Zu dem Thema gab es vor vielen Jahren mal einen Blinker-Bericht von Holger Menne. Hab den aber auch net mehr.

Ob er das Brot direkt selbst gebacken hat, weiß ich net mehr, jedenfalls wurden Brotstücke auf dem Bleck anschließend mit geschmolzenem Rindertalg übergossen, dadurch wird's fest, nimmt kaum noch Wasser auf.
Hab das selber nie ausprobiert, aber die Idee schwirrt immer noch im Kopf herum.
Vielleicht hat ja jemand das Heft noch "griffbereit".

(Stehe mit Holger sporadisch in Kontakt und wollte ihn im Herbst besuchen, werd ihn darauf mal anhauen, hilft _jetzt_ natürlich nicht weiter.)


----------



## Professor Tinca (7. Juli 2011)

*AW: Brot als Angelköder selber backen*

Um das haltbarer zu machen könnte man beim Ausrollen Gaze(Verband) mit einarbeiten.
Dann hält es länger am Haken.

Ich würde Fischöl, Fischmehl und Knoblauchpulver/Chilipulver für würziges Brot nehmen und Sachen wie Vanillezucker, Backaromen u.ä. für süßes Brot .


----------



## Sten Hagelvoll (7. Juli 2011)

*AW: Brot als Angelköder selber backen*

'nen guten Schuß Rum....


----------



## Professor Tinca (7. Juli 2011)

*AW: Brot als Angelköder selber backen*

. . .in`n Hals und dann weiterbacken . . .:vik:


----------



## Kretzer83 (7. Juli 2011)

*AW: Brot als Angelköder selber backen*

Aromen sollten wohl nicht flüchtig sein, sonst hast das G'schmäckle in der Küche und nicht im Brot.

Gut sind bestimmt ölige Sachen wie Fischöl, augeweichtes Hundefutter....
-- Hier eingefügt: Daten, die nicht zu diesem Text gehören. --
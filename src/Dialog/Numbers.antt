-- ===== src/Dialog/Numbers.antt =====
-- The segments of a message and their numbers, with and without the envelope.
use mathlib.Core.List.{map, reverse}
use geldstrom.Prelude.{
  ℕ, ◌+◌, ◌≡◌, refl, sym, ap, ◌∙◌, true, false, none, List, [], ◌∷◌, ◌++◌, String, append_assoc,
}
use geldstrom.Segments.{hnvsk3, hnvsd1, Segment, segment, nil, of_list, to_list}
use geldstrom.Segments.Message.{Message, with_number, append, append_all, empty_message}
use geldstrom.Segments.Numbering.{numbered_from, append_all-segments}
use geldstrom.Dialog.Envelope.{
  Auth, but_last, last, encrypt, joining, plain_message, build_message, message_head, message_end,
  signature_head, signature_end,
}

append_all-append :
    (a b : List Segment) (m : Message) → append_all m (a ++ b) ≡ append_all (append_all m a) b
unfolding append_all
append_all-append [] b m = refl
append_all-append (s ∷ a) b m = append_all-append a b (append m s)

plain_message-joining :
    (auths : List Auth) (dialog_id : String) (n : ℕ) (segments : List Segment)
    → plain_message auths dialog_id n segments
      ≡ append_all empty_message (joining auths dialog_id n segments)
unfolding plain_message
plain_message-joining auths dialog_id n segments = sym (
    append_all-append (map signature_head auths) _ (append empty_message (message_head dialog_id n))
    ∙ append_all-append segments _ _
    ∙ append_all-append (map signature_end (reverse auths)) _ _)

-- What the receiver reads: the inner segments in the place of HNVSK and HNVSD.
abbrev pub unwrap : List Segment → List Segment
unwrap (h ∷ k ∷ segment d hnvsd1 inner ∷ rest) = h ∷ (to_list inner ++ rest)
unwrap ss = ss

-- The enveloped message: the first segment, HNVSK 998, HNVSD 999 with exactly the segments between the
-- first and the last, and the last.
abbrev pub IsWrapped : List Segment → List Segment → Type 0
IsWrapped plain wrapped =
    (first : Segment) × (inner : List Segment) × (final : Segment) × (plain
      ≡ first ∷ (inner ++ final ∷ []))
    × (wrapped
        ≡ first
          ∷ segment (record { type = "HNVSK"; number = 998; version = 3; reference = none }) hnvsk3
              nil
          ∷ segment (record { type = "HNVSD"; number = 999; version = 1; reference = none }) hnvsd1
              (of_list inner)
          ∷ final
          ∷ [])

but_last-end : (xs : List Segment) (e : Segment) → but_last (xs ++ e ∷ []) ≡ xs
unfolding but_last
but_last-end [] e = refl
but_last-end (x ∷ []) e = refl
but_last-end (x ∷ y ∷ xs) e = ap (◌∷◌ x) (but_last-end (y ∷ xs) e)

last-end : (xs : List Segment) (e : Segment) → last (xs ++ e ∷ []) ≡ e ∷ []
unfolding last
last-end [] e = refl
last-end (x ∷ []) e = refl
last-end (x ∷ y ∷ xs) e = last-end (y ∷ xs) e

encrypt-IsWrapped :
    (s : Segment) (xs : List Segment) (e : Segment)
    → IsWrapped (s ∷ (xs ++ e ∷ [])) (encrypt (s ∷ (xs ++ e ∷ [])))
unfolding encrypt
encrypt-IsWrapped s xs e = (s, xs, e, refl, rw (but_last-end xs e, last-end xs e) refl)

-- The numbers run on into a last segment.
numbered_end :
    (xs : List Segment) (e : Segment) (n : ℕ)
    → (ys : List Segment) × (m : ℕ) × (numbered_from n (xs ++ e ∷ []) ≡ ys ++ with_number m e ∷ [])
numbered_end [] e n = ([], n, refl)
numbered_end (x ∷ xs) e n =
    let (ys, m, h) = numbered_end xs e (n + 1) in
    (with_number n x ∷ ys, m, ap (◌∷◌ (with_number n x)) h)

but_last-last : (s : Segment) (ss : List Segment) → but_last (s ∷ ss) ++ last (s ∷ ss) ≡ s ∷ ss
unfolding but_last last
but_last-last s [] = refl
but_last-last s (t ∷ ss) = ap (◌∷◌ s) (but_last-last t ss)

to_list-of_list : (ss : List Segment) → to_list (of_list ss) ≡ ss
to_list-of_list [] = refl
to_list-of_list (s ∷ ss) = ap (◌∷◌ s) (to_list-of_list ss)

unwrap-encrypt : (s t : Segment) (ss : List Segment) → unwrap (encrypt (s ∷ t ∷ ss)) ≡ s ∷ t ∷ ss
unfolding encrypt
unwrap-encrypt s t ss = rw to_list-of_list (ap (◌∷◌ s) (but_last-last t ss))

numbered_concat-cons :
    (xs : List Segment) (e : Segment) (n : ℕ)
    → (t : Segment) × (ts : List Segment) × (numbered_from n (xs ++ e ∷ []) ≡ t ∷ ts)
numbered_concat-cons [] e n = (with_number n e, [], refl)
numbered_concat-cons (x ∷ xs) e n = (with_number n x, numbered_from (n + 1) (xs ++ e ∷ []), refl)

pub plain_message-numbered :
    (auths : List Auth) (dialog_id : String) (n : ℕ) (segments : List Segment)
    → (plain_message auths dialog_id n segments).segments
      ≡ numbered_from 1 (joining auths dialog_id n segments)
plain_message-numbered auths dialog_id n segments =
    ap (λ (m : Message). m.segments) (plain_message-joining auths dialog_id n segments)
    ∙ append_all-segments (joining auths dialog_id n segments) empty_message

unwrap-message :
    (auths : List Auth) (dialog_id : String) (n : ℕ) (segments : List Segment)
    → unwrap (encrypt (numbered_from 1 (joining auths dialog_id n segments)))
      ≡ numbered_from 1 (joining auths dialog_id n segments)
unwrap-message auths dialog_id n segments =
    let inner = map signature_head auths ++ (segments ++ map signature_end (reverse auths)) in
    let regroup : map signature_head auths
          ++ (segments ++ (map signature_end (reverse auths) ++ message_end n ∷ []))
        ≡ inner ++ message_end n ∷ [] =
      simp append_assoc in
    let (t, ts, e) = numbered_concat-cons inner (message_end n) (1 + 1) in
    rw regroup (rw e (unwrap-encrypt (with_number 1 (message_head dialog_id n)) t ts))

message-IsWrapped :
    (auths : List Auth) (dialog_id : String) (n : ℕ) (segments : List Segment)
    → IsWrapped
        (numbered_from 1 (joining auths dialog_id n segments))
        (encrypt (numbered_from 1 (joining auths dialog_id n segments)))
message-IsWrapped auths dialog_id n segments =
    let inner = map signature_head auths ++ (segments ++ map signature_end (reverse auths)) in
    let regroup : map signature_head auths
          ++ (segments ++ (map signature_end (reverse auths) ++ message_end n ∷ []))
        ≡ inner ++ message_end n ∷ [] =
      simp append_assoc in
    let (ys, m, e) = numbered_end inner (message_end n) (1 + 1) in
    rw regroup (
      rw e (
        encrypt-IsWrapped (with_number 1 (message_head dialog_id n)) ys
          (with_number m (message_end n))))

-- A message holds, in this order, HNHBK with the dialog's id and message number, one signature head
-- for each mechanism, the request's segments, the signature ends of the mechanisms in reverse and
-- HNHBS with the same message number, numbered 1, 2, 3 and so on; the envelope puts HNVSK in the place
-- of what stands between the first and the last of them, and behind it HNVSD, which holds exactly that.
pub build_message-numbered :
    (auths : List Auth) (dialog_id : String) (n : ℕ) (segments : List Segment)
    → (build_message auths false dialog_id n segments
        ≡ numbered_from 1 (joining auths dialog_id n segments))
      × (unwrap (build_message auths true dialog_id n segments)
          ≡ numbered_from 1 (joining auths dialog_id n segments))
      × IsWrapped
          (build_message auths false dialog_id n segments)
          (build_message auths true dialog_id n segments)
unfolding build_message
build_message-numbered auths dialog_id n segments = (
  plain_message-numbered auths dialog_id n segments,
  rw (plain_message-numbered auths dialog_id n segments)
      (unwrap-message auths dialog_id n segments),
  rw (plain_message-numbered auths dialog_id n segments)
      (message-IsWrapped auths dialog_id n segments),
)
Für eine dickere Kruste könnte ich mir vorstellen, dass du das Brot mit niederer Temperatur und dafür länger backst.

Gruß
Kretzer


----------



## Sten Hagelvoll (7. Juli 2011)

*AW: Brot als Angelköder selber backen*

@Prof
Das selbstverständlich auch...zwei in's Kröpfchen und einen in's Töpfchen....aber Rumaroma soll auf Friedfisch Wunder wirken, hat mir neulich so 'n alter Zausel an der Elbe verraten nachdem ich ihn gefragt hatte, warum sein Futtereimer wie 'ne karibische Destille mockt...


----------



## Professor Tinca (7. Juli 2011)

*AW: Brot als Angelköder selber backen*

. . . Rumaroma gibts ja zum Backen. Würde ich aber nicht trinken . . .


----------



## Sten Hagelvoll (7. Juli 2011)

*AW: Brot als Angelköder selber backen*



Professor Tinca schrieb:


> . . . Rumaroma gibts ja zum Backen. Würde ich aber nicht trinken . . .
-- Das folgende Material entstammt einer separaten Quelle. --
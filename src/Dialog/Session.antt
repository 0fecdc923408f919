-- ===== src/Dialog/Session.antt =====
-- Any sequence of method calls on a dialog, each of which may raise, and invariants over it.
use geldstrom.Prelude.{
  ◌≡◌, refl, Bool, true, false, List, [], ◌∷◌, ◌++◌, Option, String, str_eq, if◌then◌else◌, Outcome,
  ok, raised, Bool-cases, inl, inr,
}
use geldstrom.Segments.{Segment, Segments, hkend1}
use geldstrom.Dialog.Envelope.{plain_segment}
use geldstrom.Responses.{Processed, process}
use geldstrom.Tan.{ChallengeHandler, prepare_segments}
use geldstrom.Dialog.{
  Dialog, DialogRaise, tan_pending, Connection, LinkRaise, received, send_segments, handled,
  settled, initialized, initialize, send, send_without_tan, end_dialog, receive, init_segments,
  ended, polled, poll_decoupled_once, build_status_hktan, effective,
}

-- A call of a method of `Dialog`.
pub data Request : Type 0 where
  initializes : List Segment → Option ChallengeHandler → Request
  sends : List Segment → Option ChallengeHandler → Request
  continues : List Segment → Request
  polls : String → Request
  ends : Request

if_same : (b : Bool) (t : String) → (if b then t else t) ≡ t
if_same true t = refl
if_same false t = refl

-- `initialize` assigns the dialog's id once more, and to what it is already.
same_id :
    (d : Dialog) (p : Processed)
    → (if str_eq (receive d p).dialog_id "0" then p.dialog_id else (receive d p).dialog_id)
      ≡ (receive d p).dialog_id
unfolding receive
same_id d p = elim (Bool-cases (str_eq d.dialog_id "0")) [
  | inl fresh ↦ rw fresh (if_same (str_eq p.dialog_id "0") p.dialog_id)
  | inr set ↦ rw set (rw set)
]

module _ (c : Connection) (lower : String → String) where
  open c use {Link, exchange}

  -- The dialog and the connection after a call, whether it returns or raises.
  unfoldable pub step : Request → Dialog → Link → Dialog × Link
  unfolding initialize send send_without_tan poll_decoupled_once end_dialog
  step (initializes extra handler) d l =
      let (r, d', l') = initialize c extra handler d l in (d', l')
  step (sends segments handler) d l = let (r, d', l') = send c segments handler d l in (d', l')
  step (continues segments) d l = let (r, d', l') = send_without_tan c segments d l in (d', l')
  step (polls reference) d l =
      let (r, d', l') = poll_decoupled_once c lower reference d l in (d', l')
  step ends d l = let (r, d', l') = end_dialog c d l in (d', l')

  unfoldable pub run : List Request → Dialog → Link → Dialog × Link
  unfolding step
  run [] d l = (d, l)
  run (r ∷ rs) d l = let (d', l') = step r d l in run rs d' l'

  -- A dialog with other flags.
  abbrev reflagged : Dialog → Bool → Bool → Option ChallengeHandler → Dialog
  reflagged d o i h = record d { is_open = o; is_initialized = i; challenge_handler = h }

  module _ (P : Dialog → Link → Type 0)
      (flags : (d : Dialog) (l : Link) (o i : Bool) (h : Option ChallengeHandler)
        → P d l
        → P (reflagged d o i h) l)
      (sending : (segments : List Segment) (d : Dialog) (l : Link)
        → P d l
        → P (send_segments c segments d l).1 (send_segments c segments d l).2) where
    abbrev Kept : {A : Type 0} → Outcome DialogRaise A × Dialog × Link → Type 0
    Kept (r, d, l) = P d l

    Kept-handled :
        (handler : Option ChallengeHandler) (r : Outcome DialogRaise Processed × Dialog × Link)
        → Kept r
        → Kept (handled c handler r)
    Kept-handled handler (ok p, d, l) h = h
    Kept-handled handler (raised e, d, l) h = h

    Kept-settled : (r : Outcome DialogRaise Processed × Dialog × Link) → Kept r → Kept (settled c r)
    Kept-settled (ok p, d, l) h = h
    Kept-settled (raised (tan_pending s t), d, l) h = h
    Kept-settled (raised e, d, l) h = flags d l false d.is_initialized d.challenge_handler h

    Kept-initialized :
        (d : Dialog) (r : Outcome LinkRaise Segments × Link)
        → Kept (received c d r)
        → Kept (initialized c (received c d r))
    unfolding received
    Kept-initialized d (raised e, l) h = h
    Kept-initialized d (ok raw, l) h =
        let d' = receive d (process raw) in
        rw (same_id d (process raw)) (flags d' l d'.is_open true d'.challenge_handler h)

    Kept-polled :
        (r : Outcome DialogRaise Processed × Dialog × Link) → Kept r → Kept (polled c lower r)
    Kept-polled (ok p, d, l) h = h
    Kept-polled (raised e, d, l) h = h

    Kept-ended : (r : Outcome DialogRaise Processed × Dialog × Link) → Kept r → Kept (ended c r)
    Kept-ended (ok p, d, l) h = flags d l false d.is_initialized d.challenge_handler h
    Kept-ended (raised e, d, l) h = flags d l false d.is_initialized d.challenge_handler h

    poll-keeps :
        (r : Outcome DialogRaise Segment) (d : Dialog) (l : Link)
        → P d l
        → Kept {A = Option Processed} (elim r [
          | raised e ↦ (raised e, d, l)
          | ok status ↦ polled c lower (send_segments c (status ∷ []) d l)
        ])
    poll-keeps (raised e) d l h = h
    poll-keeps (ok status) d l h = Kept-polled _ (sending (status ∷ []) d l h)

    pub step-keeps : (r : Request) (d : Dialog) (l : Link) → P d l → P (step r d l).0 (step r d l).1
    unfolding step initialize send send_without_tan poll_decoupled_once end_dialog
    step-keeps (initializes extra handler) d l h = elim (Bool-cases d.is_open) [
      | inl o ↦ simp o h
      | inr o ↦
          let begun = reflagged d true d.is_initialized handler in
          simp o (
            Kept-settled _ (
              Kept-handled handler _ (
                Kept-initialized begun _ (
                  sending (init_segments d ++ extra) begun l
                    (flags d l true d.is_initialized handler h)))))
    ]
    step-keeps (sends segments handler) d l h = elim (Bool-cases d.is_open) [
      | inl o ↦ simp o (
          Kept-handled (effective c handler d.challenge_handler) _
            (sending (prepare_segments d.tan_strategy segments d.parameters) d l h))
      | inr o ↦ simp o h
    ]
    step-keeps (continues segments) d l h = elim (Bool-cases d.is_open) [
      | inl o ↦ simp o (sending segments d l h)
      | inr o ↦ simp o h
    ]
    step-keeps (polls reference) d l h =
        poll-keeps (build_status_hktan d.parameters.bpd.segments reference) d l h
    step-keeps ends d l h = elim (Bool-cases d.is_open) [
      | inl o ↦
          simp o (Kept-ended _ (sending (plain_segment "HKEND" 1 (hkend1 d.dialog_id) ∷ []) d l h))
      | inr o ↦ simp o h
    ]

    pub run-keeps :
        (rs : List Request) (d : Dialog) (l : Link) → P d l → P (run rs d l).0 (run rs d l).1
    unfolding run
    run-keeps [] d l h = h
    run-keeps (r ∷ rs) d l h = run-keeps rs _ _ (step-keeps r d l h)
Deshalb ja 'nen guten Schuß Stroh80, da haben dann alle Beteiligten was von...:q


----------



## angler1996 (7. Juli 2011)

*AW: Brot als Angelköder selber backen*



Sten Hagelvoll schrieb:


> Deshalb ja 'nen guten Schuß Stroh80, da haben dann alle Beteiligten was von...:q


 
ja , bei zu hoher Dosierung hebt der Bachofen ab.
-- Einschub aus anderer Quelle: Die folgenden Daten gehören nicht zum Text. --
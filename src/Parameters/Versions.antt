-- ===== src/Parameters/Versions.antt =====
-- Parameter data never go back to an older version.
use geldstrom.Prelude.{
  ℕ, ◌≤◌, ◌≡◌, ◌⊎◌, inl, inr, refl, Option, none, some, List, [], ◌∷◌, arith, Bool-cases, leb, ◌∙◌,
}
use geldstrom.Segments.{Segment, Segments}
use geldstrom.Responses.{Processed}
use geldstrom.Parameters.{
  BankParameters, UserParameters, ParameterStore, bank_name_of, update_bpd, update_upd,
  update_from_response,
}

-- The store after the responses of a dialog, in the order in which they arrive.
unfoldable pub update_all : ParameterStore → List Processed → ParameterStore
update_all store [] = store
update_all store (p ∷ ps) = update_all (update_from_response store p) ps

-- A version that a response brings with its segments is at most `n`.
abbrev pub AtMost : ℕ → Option ℕ → Option Segments → Type 0
AtMost n (some v) (some ss) = v ≤ n
AtMost n _ _ = Unit

abbrev pub OffersAtMost : ParameterStore → List Processed → Type 0
OffersAtMost store [] = Unit
OffersAtMost store (p ∷ ps) =
    AtMost store.bpd.version p.bpd_version p.bpd_segments
    × AtMost store.upd.version p.upd_version p.upd_segments
    × OffersAtMost store ps

-- Some response brings these parameter data: the version, its segments and their BPA or UPA, and the
-- name of the bank is that of the BPA.
abbrev pub BringsBpd : BankParameters → List Processed → Type 0
BringsBpd b [] = ⊥
BringsBpd b (p ∷ ps) =
    ((p.bpd_version ≡ some b.version)
      × (p.bpd_segments ≡ some b.segments)
      × (p.bpa ≡ b.bpa)
      × (bank_name_of p.bpa ≡ b.bank_name))
    ⊎ BringsBpd b ps

abbrev pub BringsUpd : UserParameters → List Processed → Type 0
BringsUpd b [] = ⊥
BringsUpd b (p ∷ ps) =
    ((p.upd_version ≡ some b.version) × (p.upd_segments ≡ some b.segments) × (p.upa ≡ b.upa))
    ⊎ BringsUpd b ps

bpd_grows :
    (b : BankParameters) (bpa : Option Segment) (v : Option ℕ) (ss : Option Segments)
    → (b.version ≤ (update_bpd b bpa v ss).version) × AtMost (update_bpd b bpa v ss).version v ss
unfolding update_bpd
bpd_grows b bpa none ss = (omega arith, tt)
bpd_grows b bpa (some v) none = (omega arith, tt)
bpd_grows b bpa (some v) (some ss) = (ground arith, ground arith)

upd_grows :
    (b : UserParameters) (upa : Option Segment) (v : Option ℕ) (ss : Option Segments)
    → (b.version ≤ (update_upd b upa v ss).version) × AtMost (update_upd b upa v ss).version v ss
unfolding update_upd
upd_grows b upa none ss = (omega arith, tt)
upd_grows b upa (some v) none = (omega arith, tt)
upd_grows b upa (some v) (some ss) = (ground arith, ground arith)

AtMost-le : (n m : ℕ) (v : Option ℕ) (ss : Option Segments) → n ≤ m → AtMost n v ss → AtMost m v ss
AtMost-le n m none ss h k = tt
AtMost-le n m (some v) none h k = tt
AtMost-le n m (some v) (some ss) h k = omega arith

bpd_source :
    (b : BankParameters) (bpa : Option Segment) (v : Option ℕ) (ss : Option Segments)
    → (update_bpd b bpa v ss ≡ b)
      ⊎ ((v ≡ some (update_bpd b bpa v ss).version)
          × (ss ≡ some (update_bpd b bpa v ss).segments)
          × (bpa ≡ (update_bpd b bpa v ss).bpa)
          × (bank_name_of bpa ≡ (update_bpd b bpa v ss).bank_name))
unfolding update_bpd
bpd_source b bpa none ss = inl refl
bpd_source b bpa (some v) none = inl refl
bpd_source b bpa (some v) (some ss) = elim (Bool-cases (leb b.version v)) [
  | inl newer ↦ rw newer (inr (refl, refl, refl, refl))
  | inr older ↦ rw older (inl refl)
]

upd_source :
    (b : UserParameters) (upa : Option Segment) (v : Option ℕ) (ss : Option Segments)
    → (update_upd b upa v ss ≡ b)
      ⊎ ((v ≡ some (update_upd b upa v ss).version)
          × (ss ≡ some (update_upd b upa v ss).segments)
          × (upa ≡ (update_upd b upa v ss).upa))
unfolding update_upd
upd_source b upa none ss = inl refl
upd_source b upa (some v) none = inl refl
upd_source b upa (some v) (some ss) = elim (Bool-cases (leb b.version v)) [
  | inl newer ↦ rw newer (inr (refl, refl, refl))
  | inr older ↦ rw older (inl refl)
]

update_all_grows :
    (store : ParameterStore) (ps : List Processed)
    → (store.bpd.version ≤ (update_all store ps).bpd.version)
      × (store.upd.version ≤ (update_all store ps).upd.version)
      × OffersAtMost (update_all store ps) ps
unfolding update_all update_from_response
update_all_grows store [] = (omega arith, omega arith, tt)
update_all_grows store (p ∷ ps) =
    let (b, u, rest) = update_all_grows (update_from_response store p) ps in
    let (bg, ba) = bpd_grows store.bpd p.bpa p.bpd_version p.bpd_segments in
    let (ug, ua) = upd_grows store.upd p.upa p.upd_version p.upd_segments in
    (
      omega arith,
      omega arith,
      (
        AtMost-le _ _ p.bpd_version p.bpd_segments b ba,
        AtMost-le _ _ p.upd_version p.upd_segments u ua,
        rest,
      ),
    )

update_all_source :
    (store : ParameterStore) (ps : List Processed)
    → (((update_all store ps).bpd ≡ store.bpd) ⊎ BringsBpd (update_all store ps).bpd ps)
      × (((update_all store ps).upd ≡ store.upd) ⊎ BringsUpd (update_all store ps).upd ps)
unfolding update_all update_from_response
update_all_source store [] = (inl refl, inl refl)
update_all_source store (p ∷ ps) =
    let (b, u) = update_all_source (update_from_response store p) ps in
    (
      elim b [
        | inr later ↦ inr (inr later)
        | inl same ↦ elim (bpd_source store.bpd p.bpa p.bpd_version p.bpd_segments) [
          | inl kept ↦ inl (same ∙ kept)
          | inr new ↦ inr (inl (rw same new))
        ]
      ],
      elim u [
        | inr later ↦ inr (inr later)
        | inl same ↦ elim (upd_source store.upd p.upa p.upd_version p.upd_segments) [
          | inl kept ↦ inl (same ∙ kept)
          | inr new ↦ inr (inl (rw same new))
        ]
      ],
    )

-- After any responses, the bank's and the user's parameter data are those held before or those that
-- one of the responses brought, version, segments, BPA or UPA, and the bank's name together; and neither those held before nor any that a response brought with
-- its segments has a higher version.
pub update_all_newest :
    (store : ParameterStore) (ps : List Processed)
    → (((update_all store ps).bpd ≡ store.bpd) ⊎ BringsBpd (update_all store ps).bpd ps)
      × (((update_all store ps).upd ≡ store.upd) ⊎ BringsUpd (update_all store ps).upd ps)
      × (store.bpd.version ≤ (update_all store ps).bpd.version)
      × (store.upd.version ≤ (update_all store ps).upd.version)
      × OffersAtMost (update_all store ps) ps
update_all_newest store ps =
    let (b, u) = update_all_source store ps in
    let (bg, ug, offers) = update_all_grows store ps in (b, u, bg, ug, offers)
Kugeln formen - viel Kruste
Aber viel Kruste und es muss ein größerer Haken her

Gruß A.


----------



## Dunraven (7. Juli 2011)

*AW: Brot als Angelköder selber backen*

Hm bestehen Würmer nicht eh zum Großteil aus Wasser, so dass es nicht viel bringt die zu nutzen?
Aber ich denke Hanfmehl könnte man verwenden, das Hundefutter als Vorschlag gefällt mir auch. Ansonsten ist Spekulatius als Lockstoff beliebt, warum also nicht das Gewürz gleich ins Brot geben?


----------



## Thomas9904 (7. Juli 2011)

*AW: Brot als Angelköder selber backen*

Also denn:
Heringe pürieren, Spekulatiusgewürz, Hanfmehl dazu und Rumaroma (guter SToff wird getrunken und nicht verbacken..).

Könnte interessant werden - hoffentlich verwechsel ich das nicht mal mit dem Brot, das ich für mich selber backe..

Weitere Ideen gerne willkommen...


----------



## ak.checker (7. Juli 2011)

*AW: Brot als Angelköder selber backen*



Sten Hagelvoll schrieb:


> Deshalb ja 'nen guten Schuß Stroh80, da haben dann alle Beteiligten was von...:q



*"Stroh80"*Ja daß Zeug hab ich auch noch irgendwo im Keller stehen..Bei nem schuss von dem Zeug rollt es einem die Fussnägel auf 
Mal sehn wie es den Fischen schmackt?


----------



## kati48268 (7. Juli 2011)

*AW: Brot als Angelköder selber backen*

_Völlig OT:
Stroh80 + Malzbier als Longdrink ist der Burner, viel zu schade für Fische._


----------



## Andal (7. Juli 2011)

*AW: Brot als Angelköder selber backen*

Lecker... Brot mit Herings-Rum-Hundefutteraroma. Das gibt einen Brom, dass es für eine Ausbürgerung reicht! 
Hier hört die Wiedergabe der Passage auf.